Exercise
State the number of lines in the records that contain "List", with no other words.

Start of Record extracts

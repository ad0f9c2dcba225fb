-- ===== src/Text/Decimal/RoundTrip.antt =====
-- A printed number is read back.
use powerhoc.Common.{
  ℕ, zero, suc, ◌+◌, ◌/◌, ◌%◌, ◌<◌, ◌≡◌, ◌≢◌, refl, true, false, [], ◌∷◌, some, Bytes, Lacks, All,
  arith,
}
use powerhoc.Text.{lstrip, rstrip, keep_right}
use powerhoc.Text.Decimal.{
  pos, emit, format, is_digit, scan, digits, unsigned, signed, to_int, drop_suffix, to_long,
}

scan-emit : (fuel n : ℕ) (out : Bytes) → n < fuel → scan (emit fuel n out) 0 ≡ scan out n
unfolding scan emit
scan-emit zero n out h = absurd (omega arith)
scan-emit (suc fuel) n out h = ground (arith, scan-emit fuel (n / 10) ((b'0' + n % 10) ∷ out))

abbrev AllDigits : Bytes → Type 0
AllDigits = All (λ c. is_digit c ≡ true)

emit-AllDigits : (fuel n : ℕ) (out : Bytes) → AllDigits out → AllDigits (emit fuel n out)
unfolding emit
emit-AllDigits zero n out h = h
emit-AllDigits (suc fuel) n out h =
    ground (arith, emit-AllDigits fuel (n / 10) ((b'0' + n % 10) ∷ out))

emit_grows : (fuel n c : ℕ) (s : Bytes) → emit fuel n (c ∷ s) ≢ []
unfolding emit
emit_grows zero n c s = λ e. cc
emit_grows (suc fuel) n c s = ground (arith, emit_grows fuel (n / 10) (b'0' + n % 10) (c ∷ s))

pub format-ne-nil : (n : ℕ) → format n ≢ []
unfolding format
format-ne-nil n = ground (arith, emit_grows n (n / 10) (b'0' + n % 10) [])

format-AllDigits : (n : ℕ) → AllDigits (format n)
unfolding format
format-AllDigits n = emit-AllDigits (suc n) n [] tt

digits_Lacks : (c : ℕ) (s : Bytes) → is_digit c ≡ false → AllDigits s → Lacks c s
digits_Lacks c [] h _ = tt
digits_Lacks c (d ∷ s) h (hd, hs) = (λ e. ground arith, digits_Lacks c s h hs)

-- A printed number holds digits alone.
pub format-Lacks : (c n : ℕ) → is_digit c ≡ false → Lacks c (format n)
format-Lacks c n h = digits_Lacks c (format n) h (format-AllDigits n)

lstrip_digits : (s : Bytes) → AllDigits s → lstrip s ≡ s
unfolding lstrip
lstrip_digits [] h = refl
lstrip_digits (c ∷ s) (h, _) = ground arith

keep_digit : (c : ℕ) (s : Bytes) → is_digit c ≡ true → keep_right c s ≡ c ∷ s
keep_digit c [] h = ground arith
keep_digit c (d ∷ s) h = refl

rstrip_digits : (s : Bytes) → AllDigits s → rstrip s ≡ s
unfolding rstrip
rstrip_digits [] h = refl
rstrip_digits (c ∷ s) (h, hs) = rw (rstrip_digits s hs) (keep_digit c s h)

drop_suffix_digits : (s : Bytes) → AllDigits s → drop_suffix s ≡ s
unfolding drop_suffix
drop_suffix_digits [] h = refl
drop_suffix_digits (c ∷ []) (h, _) = ground arith
drop_suffix_digits (c ∷ d ∷ s) (h, hs) = rw (drop_suffix_digits (d ∷ s) hs)

signed_digits :
    (s : Bytes) (n : ℕ) → s ≢ [] → AllDigits s → scan s 0 ≡ some n → signed s ≡ some (pos n)
unfolding signed unsigned digits
signed_digits [] n h _ _ = absurd (h refl)
signed_digits (c ∷ s) n h ds e = ground (arith, lstrip_digits (c ∷ s) ds)

signed-format : (n : ℕ) → signed (format n) ≡ some (pos n)
unfolding format
signed-format n =
    signed_digits _ n (format-ne-nil n) (format-AllDigits n)
      (unfold scan in scan-emit (suc n) n [] (omega arith))

-- `int('%d' % n) == n`
pub to_int-format : (n : ℕ) → to_int (format n) ≡ some (pos n)
unfolding to_int
to_int-format n =
    let ds = format-AllDigits n in
    rw (lstrip_digits (format n) ds, rstrip_digits (format n) ds) (signed-format n)

-- `long('%d' % n) == n`
pub to_long-format : (n : ℕ) → to_long (format n) ≡ some (pos n)
unfolding to_long
to_long-format n =
    let ds = format-AllDigits n in
    rw (lstrip_digits (format n) ds, rstrip_digits (format n) ds, drop_suffix_digits (format n) ds)
      (signed-format n)
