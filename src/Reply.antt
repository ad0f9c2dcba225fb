-- ===== src/Reply.antt =====
-- The text that a worker sends back: `'%d:OK:%s'` and `'%d:ERROR:%s'` of powerhose/worker.py, read
-- by `extract_result` of powerhose/util.py.
use powerhoc.Common.{
  ℕ, Bool, true, false, List, [], ◌∷◌, ◌++◌, Option, none, some, Bytes, codes, beq, Lacks, ◌≡◌,
  refl, arith,
}
use powerhoc.Exc.{Result, ok, err, value_error}
use powerhoc.Text.{split_max}
use powerhoc.Text.Laws.{Lacks-NoneInside, split_max-append}
use powerhoc.Text.Decimal.{ℤ, pos, format, to_long}
use powerhoc.Text.Decimal.RoundTrip.{format-Lacks, to_long-format}

-- The second part of a reply.
abbrev pub status : Bool → Bytes
status true = codes "OK"
status false = codes "ERROR"

-- `'%d:OK:%s' % (pid, text)` and `'%d:ERROR:%s' % (pid, text)`
unfoldable pub reply : ℕ → Bool → Bytes → Bytes
reply pid success text = format pid ++ (codes ":" ++ (status success ++ (codes ":" ++ text)))

-- the tuple that `extract_result` returns, after `long(pid)`
unfoldable pub with_pid : Option ℤ → Bytes → Bytes → Result (ℤ × Bool × Bytes)
with_pid none result text = err value_error
with_pid (some pid) result text = ok (pid, beq result (codes "OK"), text)

unfoldable pub three_parts : List Bytes → Result (ℤ × Bool × Bytes)
unfolding with_pid
three_parts (pid ∷ result ∷ text ∷ []) = with_pid (to_long pid) result text
three_parts _ = err value_error

-- `extract_result`
unfoldable pub extract_result : Bytes → Result (ℤ × Bool × Bytes)
unfolding three_parts
extract_result wire = three_parts (split_max 2 (codes ":") wire)

status-Lacks : (success : Bool) → Lacks b':' (status success)
status-Lacks true = omega arith
status-Lacks false = omega arith

reply_parts :
    (pid : ℕ) (success : Bool) (text : Bytes)
    → split_max 2 (codes ":") (reply pid success text) ≡ format pid ∷ status success ∷ text ∷ []
unfolding reply split_max
reply_parts pid success text = rw (
  split_max-append b':' [] 1 (format pid) (status success ++ (codes ":" ++ text))
      (Lacks-NoneInside b':' [] (format pid) (format-Lacks b':' pid refl)),
  split_max-append b':' [] 0 (status success) text
      (Lacks-NoneInside b':' [] (status success) (status-Lacks success)),
)

status_read : (success : Bool) → beq (status success) (codes "OK") ≡ success
status_read true = refl
status_read false = refl

-- The client reads the process id, the outcome and the text that the worker wrote, whatever the
-- text holds.
pub extract_result-reply :
    (pid : ℕ) (success : Bool) (text : Bytes)
    → extract_result (reply pid success text) ≡ ok (pos pid, success, text)
unfolding extract_result
extract_result-reply pid success text =
    rw (reply_parts pid success text, to_long-format pid, status_read success)
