-- ===== src/Retry.antt =====
-- `send` and `recv` of powerhose/util.py: a call that does not block, made again after a short sleep
-- while the socket is not ready, and the poll of powerhose/client.py, made again while a signal
-- interrupts it.
pub mod Laws
pub mod Polls
use powerhoc.Common.{ℕ, zero, suc, Bool, true, false, Option, none, some, Bytes, if◌then◌else◌}
use powerhoc.Exc.{Errno, efsm, eagain, eintr, Result, ok, err, timeout_error, zmq_error}

-- What one call of pyzmq does.
pub data Attempt {ℓ} (A : Type ℓ) : Type ℓ where
  done : A → Attempt A
  failed : Errno → Attempt A

-- The REQ socket of a client and the clock, as pyzmq and `time` give them: `S` is all that the calls
-- can see or change, `now` is in milliseconds, and `poll` tells if an answer can be read.
pub record Socket (S : Type 0) : Type 0 where
  pub send_noblock : Bytes → Bool → S → Attempt (Unit {0}) × S
  pub recv_noblock : S → Attempt Bytes × S
  pub poll : ℕ → S → Attempt Bool × S
  pub sleep : S → S
  pub now : S → ℕ

-- `e.errno in (zmq.EFSM, zmq.EAGAIN)`
unfoldable pub is_retryable : Errno → Bool
is_retryable efsm = true
is_retryable eagain = true
is_retryable _ = false

module _ {S A : Type 0} (call : S → Attempt A × S) (sleep : S → S) where
  -- The loop of `send` and `recv`, on the retries that are left.
  unfoldable pub retry : ℕ → S → Result A × S
  unfolding is_retryable
  retry zero s = (err timeout_error, s)
  retry (suc retries) s =
      let (attempt, s') = call s in
      elim attempt [
        | done a ↦ (ok a, s')
        | failed e ↦
            let again = retry retries (sleep s') in
            if is_retryable e then again else (err (zmq_error e), s')
      ]

-- `send(socket, msg, more, max_retries)`
unfoldable pub send : {S : Type 0} → Socket S → ℕ → Bytes → Bool → S → Result (Unit {0}) × S
unfolding retry
send socket max_retries msg more = retry (socket.send_noblock msg more) socket.sleep max_retries

-- `recv(socket, max_retries)`
unfoldable pub recv : {S : Type 0} → Socket S → ℕ → S → Result Bytes × S
unfolding retry
recv socket max_retries = retry socket.recv_noblock socket.sleep max_retries

-- `while True: try: poll … break`: `none` if signals interrupt more polls than the fuel allows.
unfoldable pub poll_loop : {S : Type 0} → Socket S → ℕ → ℕ → S → Option (Attempt Bool) × S
poll_loop socket zero timeout s = (none, s)
poll_loop socket (suc fuel) timeout s =
    let (attempt, s') = socket.poll timeout s in
    elim attempt [ failed eintr ↦ poll_loop socket fuel timeout s' | other ↦ (some other, s') ]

End of Record extracts

Completed exercise
2